Throughout my Data School training, the blogs of other Data Schoolers have been a hugely important resource. There exists a data school blog that will answer almost any Tableau or Alteryx development question, as well as vast numbers of other data-analytics resources.
If only you could find all this information in one place…
This is what my newest dashboard attempts. It is a network of categorically-grouped Data School blogs, connected by association.
It is a graphical representation of all the topics written about. You can use it to see what Data Schoolers have written about, find recommendations for your topic of interest, or even understand how the networking algorithm works.

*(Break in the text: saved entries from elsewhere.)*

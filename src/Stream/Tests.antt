-- ===== src/Stream/Tests.antt =====
-- src/stream.c: runs on concrete streams.
use baresip.Prelude.{◌≡◌, refl, true, false, ◌&&◌, not, none, some, arith, ltb, ◌-◌, ◌==◌}
use baresip.Stream.{
  SdpDir, sendrecv, sends, receives, dir_and, dir_eq, Media, Stream, stream_update, stream_is_ready,
  check_rtp_handler, mnat_ready, stream_enable, stream_enable_tx, stream_enable_rx,
}
use baresip.Stream.Hold.{stream_update-enabled}
use baresip.Stream.Timeout.{check_rtp_handler-called}

abbrev common : Media → SdpDir
common m = dir_and m.ldir m.rdir

abbrev audio_line : Media
audio_line = record {
  ldir = sendrecv;
  rdir = sendrecv;
  disabled = false;
  has_media = true;
  rformat = some (8, true);
}

abbrev audio : Stream
audio = record {
  ldir = sendrecv;
  sdp = audio_line;
  hold = false;
  terminated = false;
  mnat_wait = false;
  mnat_connected = false;
  menc_wait = false;
  menc_secure = false;
  raddr_isset = true;
  pt_enc = none;
  tx_enabled = false;
  rx_enabled = false;
  rtp_timeout = 5000;
  tmr_rtp = true;
  ts_last = 1000;
  errorh = true;
}

update_run : (stream_update common audio true none).0.tx_enabled ≡ true
unfolding stream_update stream_enable stream_enable_tx stream_enable_rx stream_is_ready mnat_ready
update_run = refl

stream_update-enabled_example :
    let (s', err) = stream_update common audio true none in
    (s'.rx_enabled ≡ ((err == 0) && receives (common audio.sdp)))
    × (s'.tx_enabled
        ≡ ((err == 0) && stream_is_ready common s' && sends audio.sdp.rdir && sends audio.sdp.ldir))
stream_update-enabled_example = stream_update-enabled common audio true none

check_rtp_handler-called_example : (check_rtp_handler common audio 7000).1 ≡ (
    true
    && dir_eq (common audio.sdp) sendrecv
    && ltb 5000 (7000 - 1000)
    && not (ltb 3600000 (7000 - 1000)))
check_rtp_handler-called_example =
    check_rtp_handler-called common audio 7000 (λ e. absurd (omega (arith, e))) (omega arith)
      (omega arith) (omega arith)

Here is a demo of how you might use it.
So How Does it Work?
Web-Scraping the Data
I have a small addiction to web-scraping the Data School website. In my first week at the Data School I wrote this blog about how to sneakily download all the Data School’s blog information. While for that blog I only needed the blog titles and authors, now I need the whole blog text itself. To do this, I used Alteryx to download each blog page, then I used regex to find the individual blog links, and downloaded those as well.
After some removing of HTML tags I used Alteryx’s Text Pre-processing tool to convert each word in the body text of the articles to its root word, removed punctuation and removed stop words (such as “for” and “or”). Then I created the Count Vectorized data for each document – this is a column per word, where each row is a count of that word’s occurrences in the given blog. This can be achieved in Alteryx with a combination of the Text to Columns, Summarize and Cross-Tab tools.
Plotting the Points
If I want to plot the above data in Tableau, the biggest challenge is deciding where to place each point. These need to be arranged in a sensible way – blogs of the same topic should be plotted close to each other, and blogs of different topics should be plotted far apart.

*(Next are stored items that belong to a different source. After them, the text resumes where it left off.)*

-- ===== src/Timestamp.antt =====
-- src/timestamp.c: wrap-around of 32-bit RTP timestamps, and the extended timestamps.
pub mod Epoch
pub mod Receive
mod Tests
use mathlib.Core.Option
use baresip.Prelude.{
  ℕ, ◌-◌, ◌*◌, ◌^◌, Bool, true, false, Option, none, some, add32, ltb, if◌then◌else◌, ◌||◌, sub32,
  add64, sub64,
}
use baresip.Prelude.Int.{ℤ, pos, negsuc, ◌-ℤ◌, ltb_ℤ, signed32}

-- What `timestamp_wrap` returns: 0, 1 or -1.
pub data Wrap : Type 0 where
  no_wrap forward backward : Wrap

-- `struct timestamp_recv`.
pub record TimestampRecv : Type 0 where
  pub first : ℕ
  pub last : ℕ
  pub is_set : Bool
  pub num_wraps : ℕ

-- An `int` subtraction: `none` is its overflow, which C leaves undefined.
unfoldable int_sub : ℤ → ℤ → Option ℤ
unfolding ◌-ℤ◌
int_sub a b =
    let d = a -ℤ b in
    if ltb_ℤ d (negsuc (2 ^ 31 - 1)) || ltb_ℤ (pos (2 ^ 31 - 1)) d then none else some d

unfoldable forward_if : Option ℤ → Option Wrap
forward_if none = none
forward_if (some delta) = if ltb_ℤ (pos 0) delta then some forward else some no_wrap

-- `timestamp_wrap`.
unfoldable pub wrap : ℕ → ℕ → Option Wrap
unfolding int_sub forward_if
wrap ts_new ts_old =
    if ltb ts_new ts_old
    then forward_if (int_sub (signed32 ts_new) (signed32 ts_old))
    else if ltb_ℤ (pos 0) (signed32 (sub32 ts_old ts_new))
    then some backward
    else some no_wrap

-- `timestamp_set`.
unfoldable pub set_first : TimestampRecv → ℕ → TimestampRecv
set_first ts rtp_ts = record ts { first = rtp_ts; last = rtp_ts; is_set = true }

-- `timestamp_calc_extended`.
unfoldable calc_extended : ℕ → ℕ → ℕ
calc_extended num_wraps ts = add64 (num_wraps * 2 ^ 32) ts

-- `timestamp_duration`.
unfoldable pub duration : TimestampRecv → ℕ
unfolding calc_extended
duration ts = if ts.is_set then sub64 (calc_extended ts.num_wraps ts.last) ts.first else 0

-- The switch of `update_rtp_timestamp` (src/video.c): a packet that wraps backwards is left out.
unfoldable pub advance_video : TimestampRecv → ℕ → Wrap → TimestampRecv
advance_video ts rtp_ts backward = ts
advance_video ts rtp_ts no_wrap = record ts { last = rtp_ts }
advance_video ts rtp_ts forward = record ts { num_wraps = add32 ts.num_wraps 1; last = rtp_ts }

-- `update_rtp_timestamp`. `none` is an overflow in `timestamp_wrap`.
unfoldable pub receive_video : TimestampRecv → ℕ → Option TimestampRecv
receive_video ts rtp_ts =
    if ts.is_set
    then Option.map (advance_video ts rtp_ts) (wrap rtp_ts ts.last)
    else some (record (set_first ts rtp_ts) { last = rtp_ts })

-- The switch of the audio receiver (src/aureceiver.c), with whether the packet is discarded. A
-- discarded packet becomes the last one too.
unfoldable pub advance_audio : TimestampRecv → ℕ → Wrap → TimestampRecv × Bool
advance_audio ts rtp_ts backward = (record ts { last = rtp_ts }, true)
advance_audio ts rtp_ts no_wrap = (record ts { last = rtp_ts }, false)
advance_audio ts rtp_ts forward =
    (record ts { num_wraps = add32 ts.num_wraps 1; last = rtp_ts }, false)

-- The timestamp part of `aurecv_receive` (src/aureceiver.c).
unfoldable pub receive_audio : TimestampRecv → ℕ → Option (TimestampRecv × Bool)
receive_audio ts rtp_ts =
    let ts' = if ts.is_set then ts else set_first ts rtp_ts in
    Option.map (advance_audio ts' rtp_ts) (wrap rtp_ts ts'.last)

This challenge can be thought of as a problem of dimensionality reduction. The vectorised word counts of each blog encodes the information about association. Blogs that use the words “batch macro”, for example, should be grouped together. However, there are over 8000 unique words over the blogs. This means our vectorised words data is 8000-dimensional! So how do we plot 8000-dimensional data on two dimensions?

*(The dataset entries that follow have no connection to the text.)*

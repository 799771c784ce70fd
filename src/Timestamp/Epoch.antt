-- ===== src/Timestamp/Epoch.antt =====
-- src/timestamp.c: `timestamp_wrap` against timestamps that never wrap.
use baresip.Prelude.{
  ℕ, ◌+◌, ◌/◌, ◌%◌, ◌^◌, ◌<◌, ◌≤◌, ◌≡◌, ◌≢◌, ◌↔◌, none, some, arith, ltb, if◌then◌else◌,
}
use baresip.Timestamp.{Wrap, no_wrap, forward, backward, wrap}

-- How often a timestamp counted without end has passed 2^32.
abbrev pub epoch : ℕ → ℕ
epoch x = x / 2 ^ 32

-- The change of the epoch, where it is by one at most.
abbrev pub epoch_step : ℕ → ℕ → Wrap
epoch_step new old =
    if ltb (epoch old) (epoch new)
    then forward
    else if ltb (epoch new) (epoch old)
    then backward
    else no_wrap

-- For two timestamps less than 2^31 apart, `timestamp_wrap` on their low 32 bits returns the
-- change of the epoch, unless its `int` subtraction overflows.
pub wrap-epoch :
    (new old : ℕ)
    → new < old + 2 ^ 31
    → old < new + 2 ^ 31
    → wrap (new % 2 ^ 32) (old % 2 ^ 32) ≢ none
    → wrap (new % 2 ^ 32) (old % 2 ^ 32) ≡ some (epoch_step new old)
unfolding wrap
wrap-epoch new old h k defined = ground arith

-- The `int` subtraction of two 32-bit timestamps overflows exactly where the newer one is the
-- smaller one, by at most 2^31, and only the older one has bit 31 set.
pub wrap_undefined :
    (new old : ℕ)
    → new < 2 ^ 32
    → old < 2 ^ 32
    → (wrap new old ≡ none) ↔ ((new < 2 ^ 31) × (2 ^ 31 ≤ old) × (old ≤ new + 2 ^ 31))
unfolding wrap
wrap_undefined new old h k = (λ e. ground arith, λ p. ground arith)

I tried three popular dimensionality-reduction algorithms to achieve this – PCA, t-SNE, and UMAP. I will not go into detail on how these algorithms work – perhaps that is a topic for another blog. After some tweaking the UMAP algorithm generated X and Y coordinates that looked good when I plotted the points in Tableau – those coordinates are the point locations on the dashboard.
Drawing the Lines
Building the lines between points is a relatively simple task. Firstly, I create a correlation matrix of documents based on their vectorised words. This gives a 0 to 1 score for the association between each document. I use only strong associations to draw these lines. (“Strong associations” in this case is arbitrarily defined as a correlation > 0.6). To arrange the data for use in Tableau, I transposed the correlation matrix – this is a common way to arrange a correlation matrix for Tableau plotting.
Then I needed to created two points – a “from” point and a “to” point – for tableau line-chart plotting. To do this I union the data to itself, with one copy of the data taking the “from” point UMAP coordinates, and the other copy taking the “to” point UMAP coordinates. After some formatting, filters and parameter actions the finished dashboard was built!
I envision this visualisation as a way of navigating data school blogs. If there is a blog you like, you can search it and find similar blogs. If there is a topic you are interested in you can find all the blogs on that topic in one area.
Feel free to play around! I find the associations between each blog interesting. Try searching for “dashboard week” – you will see the centre of the network light up with blogs!